**WORK TASK:** Filter the records below, keeping only lines with the string "starts".

------ TASK INPUT ------

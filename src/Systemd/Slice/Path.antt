-- ===== src/Systemd/Slice/Path.antt =====
-- The path that a slice name stands for.
use cgroups_rs.Base.{
  ℕ, ◌<◌, ◌≡◌, ◌≢◌, refl, sym, ap, ◌∙◌, false, ◌||◌, List, [], ◌∷◌, ◌++◌, map, none, ok, Outcome,
  returns, panics, arith, ltb, ◌==◌, if◌then◌else◌, is_empty, All, All-append, length, Bool-cases,
  inl, inr, length-append,
}
use cgroups_rs.Text.{Text, codes, text_eq, contains_char}
use cgroups_rs.Text.Split.{
  split, Free, split_by-Free, split_by-append, Free-contains_char, length-split_pos,
}
use cgroups_rs.Text.Affix.{
  byte_len, trim_end_text, strip_suffix, trim_end_text-append, trim_end_text_twice,
  ends_with-append, byte_len-append,
}
use cgroups_rs.Systemd.Error.{SystemdResult}
use cgroups_rs.Systemd.Slice.{slice_suffix, expand_pieces, expand_slice, without_first}
use cgroups_rs.Systemd.Slice.Pieces.{
  join, starts, slice_of, IsPart, expand_pieces-behind, behind-join,
}

dash-Free : (p : Text) → Free (λ c. c == b'-' || c == b'/') p → Free (λ c. c == b'-') p
dash-Free [] _ = tt
dash-Free (c ∷ p) (h, hs) = (ground arith, dash-Free p hs)

slash-Free : (p : Text) → Free (λ c. c == b'-' || c == b'/') p → Free (λ c. c == b'/') p
slash-Free [] _ = tt
slash-Free (c ∷ p) (h, hs) = (ground arith, slash-Free p hs)

split-join :
    (p : Text) (ps : List Text) → All IsPart (p ∷ ps) → split b'-' (join b'-' (p ∷ ps)) ≡ p ∷ ps
split-join p [] ((_, h), _) = split_by-Free (λ c. c == b'-') p (dash-Free p h)
split-join p (q ∷ ps) ((_, h), hs) =
    rw (split_by-append (λ c. c == b'-') p b'-' (join b'-' (q ∷ ps)) (dash-Free p h) refl)
      (rw (split-join q ps hs))

join-Free :
    (p : Text) (ps : List Text) → All IsPart (p ∷ ps) → Free (λ c. c == b'/') (join b'-' (p ∷ ps))
join-Free p [] ((_, h), _) = slash-Free p h
join-Free p (q ∷ ps) ((_, h), hs) = All-append _ p _ (slash-Free p h) (refl, join-Free q ps hs)

-- No name made of parts is the root's.
dash_ne : (p : Text) (ps : List Text) → IsPart p → text_eq (join b'-' (p ∷ ps)) (codes "-") ≡ false
unfolding text_eq
dash_ne [] ps (h, _) = cc
dash_ne (c ∷ p) [] (_, (h, _)) = ground arith
dash_ne (c ∷ p) (q ∷ ps) (_, (h, _)) = ground arith

slice_of-Free :
    (p : Text) (ps : List Text) → All IsPart (p ∷ ps) → Free (λ c. c == b'/') (slice_of (p ∷ ps))
slice_of-Free p ps h =
    All-append _ (join b'-' (p ∷ ps)) slice_suffix (join-Free p ps h)
      (refl, (refl, (refl, (refl, (refl, (refl, tt))))))

no_slash :
    (p : Text) (ps : List Text)
    → All IsPart (p ∷ ps)
    → contains_char b'/' (slice_of (p ∷ ps)) ≡ false
no_slash p ps h = Free-contains_char b'/' (slice_of (p ∷ ps)) (slice_of-Free p ps h)

fits : (name : Text) → ltb (byte_len (name ++ slice_suffix)) (byte_len slice_suffix) ≡ false
fits name = rw (byte_len-append name slice_suffix) (ground arith)

-- A text with the suffix and no separator is expanded by what is trimmed to.
abbrev expanded : Text → Outcome (SystemdResult Text)
expanded name =
    if text_eq name (codes "-")
    then returns (ok [])
    else without_first (expand_pieces (split b'-' name) [] [])

expand_slice-trimmed :
    (s name : Text)
    → contains_char b'/' (s ++ slice_suffix) ≡ false
    → trim_end_text slice_suffix (s ++ slice_suffix) ≡ name
    → expand_slice (s ++ slice_suffix) ≡ expanded name
unfolding expand_slice
expand_slice-trimmed s name h e =
    rw (ends_with-append slice_suffix s) (rw (fits s) (rw h (ap expanded e)))

expanded-parts :
    (p : Text) (ps : List Text)
    → All IsPart (p ∷ ps)
    → expanded (join b'-' (p ∷ ps)) ≡ returns (ok (join b'/' (map slice_of (starts (p ∷ ps)))))
expanded-parts p ps h = rw (dash_ne p ps h.0) (
    rw (split-join p ps h) (
      rw (expand_pieces-behind (p ∷ ps) [] [] h)
        (ap (λ (t : Text). without_first (ok t)) (behind-join [] p ps))))

-- A slice named by parts, each one not empty and with no dash or path separator, is the path of its
-- ancestors, first to last, each with the suffix: `a-b.slice` stands for `a.slice/a-b.slice`. The
-- name before the suffix must not end in the suffix itself.
pub expand_slice-slice_of :
    (p : Text) (ps : List Text)
    → All IsPart (p ∷ ps)
    → strip_suffix slice_suffix (join b'-' (p ∷ ps)) ≡ none
    → expand_slice (slice_of (p ∷ ps)) ≡ returns (ok (join b'/' (map slice_of (starts (p ∷ ps)))))
expand_slice-slice_of p ps h e =
    let name = join b'-' (p ∷ ps) in
    expand_slice-trimmed name name (no_slash p ps h)
      (trim_end_text-append slice_suffix name e (omega (arith, length-append name slice_suffix)))
    ∙ expanded-parts p ps h

-- A path that has a first character keeps one.
with_first :
    (ps : List Text) (c : ℕ) (path prefix : Text)
    → without_first (expand_pieces ps (c ∷ path) prefix) ≢ panics
unfolding expand_pieces
with_first [] c path prefix = λ h. cc
with_first (p ∷ ps) c path prefix = elim (Bool-cases (is_empty p)) [
  | inl e ↦ rw e (λ h. cc)
  | inr e ↦ rw e (with_first ps c _ _)
]

some_pieces : (ps : List Text) → 0 < length ps → without_first (expand_pieces ps [] []) ≢ panics
unfolding expand_pieces
some_pieces [] h = elim h [ ]
some_pieces (p ∷ ps) h = elim (Bool-cases (is_empty p)) [
  | inl e ↦ rw e (λ h. cc)
  | inr e ↦ rw e (with_first ps b'/' _ _)
]

-- `expand_slice` never panics, whatever the text: where its `remove(0)` is reached, the path has a
-- first character.
pub expand_slice-ne-panics : (slice : Text) → expand_slice slice ≢ panics
unfolding expand_slice
expand_slice-ne-panics slice =
    let name = trim_end_text slice_suffix slice in
    ground (arith, some_pieces (split b'-' name) (length-split_pos (λ c. c == b'-') name))

no_slash_twice :
    (p : Text) (ps : List Text)
    → All IsPart (p ∷ ps)
    → contains_char b'/' (slice_of (p ∷ ps) ++ slice_suffix) ≡ false
no_slash_twice p ps h = Free-contains_char b'/' (slice_of (p ∷ ps) ++ slice_suffix) (
    All-append _ (slice_of (p ∷ ps)) slice_suffix (slice_of-Free p ps h)
      (refl, (refl, (refl, (refl, (refl, (refl, tt)))))))

-- The suffix is trimmed as often as it is there: two different slices have one path.
pub expand_slice_twice :
    (p : Text) (ps : List Text)
    → All IsPart (p ∷ ps)
    → strip_suffix slice_suffix (join b'-' (p ∷ ps)) ≡ none
    → expand_slice (slice_of (p ∷ ps) ++ slice_suffix) ≡ expand_slice (slice_of (p ∷ ps))
expand_slice_twice p ps h e =
    let name = join b'-' (p ∷ ps) in
    expand_slice-trimmed (name ++ slice_suffix) name (no_slash_twice p ps h) (
      trim_end_text_twice slice_suffix name e
        (omega (arith, length-append (name ++ slice_suffix) slice_suffix)))
    ∙ expanded-parts p ps h
    ∙ sym (expand_slice-slice_of p ps h e)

------

**TASK OUTPUT:**
  join, starts, slice_of, IsPart, expand_pieces-behind, behind-join,
    → expanded (join b'-' (p ∷ ps)) ≡ returns (ok (join b'/' (map slice_of (starts (p ∷ ps)))))
    → expand_slice (slice_of (p ∷ ps)) ≡ returns (ok (join b'/' (map slice_of (starts (p ∷ ps)))))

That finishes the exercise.